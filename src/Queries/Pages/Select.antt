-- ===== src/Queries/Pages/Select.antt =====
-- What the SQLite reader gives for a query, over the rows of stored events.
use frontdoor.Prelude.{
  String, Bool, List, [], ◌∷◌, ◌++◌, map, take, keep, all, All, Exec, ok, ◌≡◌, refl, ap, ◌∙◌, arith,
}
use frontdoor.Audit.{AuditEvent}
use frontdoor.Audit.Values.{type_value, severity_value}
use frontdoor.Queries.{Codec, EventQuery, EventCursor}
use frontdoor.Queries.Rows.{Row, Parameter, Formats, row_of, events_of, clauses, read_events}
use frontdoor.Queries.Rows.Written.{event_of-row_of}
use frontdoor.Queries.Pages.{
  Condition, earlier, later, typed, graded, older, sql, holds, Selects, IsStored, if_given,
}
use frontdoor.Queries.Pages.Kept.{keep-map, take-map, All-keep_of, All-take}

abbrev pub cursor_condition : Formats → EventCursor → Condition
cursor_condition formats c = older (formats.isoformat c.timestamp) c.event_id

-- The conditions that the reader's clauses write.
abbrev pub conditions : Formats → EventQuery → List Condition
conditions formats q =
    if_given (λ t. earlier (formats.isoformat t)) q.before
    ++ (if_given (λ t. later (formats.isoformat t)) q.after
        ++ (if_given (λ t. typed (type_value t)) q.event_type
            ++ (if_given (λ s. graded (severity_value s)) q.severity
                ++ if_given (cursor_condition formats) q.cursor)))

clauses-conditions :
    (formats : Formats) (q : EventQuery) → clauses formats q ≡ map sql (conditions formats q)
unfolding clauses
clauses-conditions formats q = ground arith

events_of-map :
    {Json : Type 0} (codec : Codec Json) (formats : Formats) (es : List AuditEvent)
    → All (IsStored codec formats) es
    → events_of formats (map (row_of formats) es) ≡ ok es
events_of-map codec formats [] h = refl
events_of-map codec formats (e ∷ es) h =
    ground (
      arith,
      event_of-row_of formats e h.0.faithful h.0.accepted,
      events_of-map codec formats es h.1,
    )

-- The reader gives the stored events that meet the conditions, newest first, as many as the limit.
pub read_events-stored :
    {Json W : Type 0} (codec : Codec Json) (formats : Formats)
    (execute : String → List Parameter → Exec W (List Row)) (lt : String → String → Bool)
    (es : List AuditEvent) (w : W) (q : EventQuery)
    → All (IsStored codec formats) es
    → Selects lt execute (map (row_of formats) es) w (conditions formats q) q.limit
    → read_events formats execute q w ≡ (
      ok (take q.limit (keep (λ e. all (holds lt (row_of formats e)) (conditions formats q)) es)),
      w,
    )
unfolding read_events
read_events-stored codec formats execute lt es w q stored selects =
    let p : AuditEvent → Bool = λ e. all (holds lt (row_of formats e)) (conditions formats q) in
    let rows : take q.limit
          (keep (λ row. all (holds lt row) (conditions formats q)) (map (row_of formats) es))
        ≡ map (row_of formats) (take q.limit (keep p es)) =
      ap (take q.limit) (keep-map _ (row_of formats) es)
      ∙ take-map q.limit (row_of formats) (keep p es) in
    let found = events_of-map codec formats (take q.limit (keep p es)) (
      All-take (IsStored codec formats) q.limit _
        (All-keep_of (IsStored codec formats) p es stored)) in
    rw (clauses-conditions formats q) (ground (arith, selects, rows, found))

- - - - -

## TASK DIRECTIONS
From the listing above, collect every line that mentions the word "Json".

## THE COMPLETED TASK
    {Json : Type 0} (codec : Codec Json) (formats : Formats) (es : List AuditEvent)
    {Json W : Type 0} (codec : Codec Json) (formats : Formats)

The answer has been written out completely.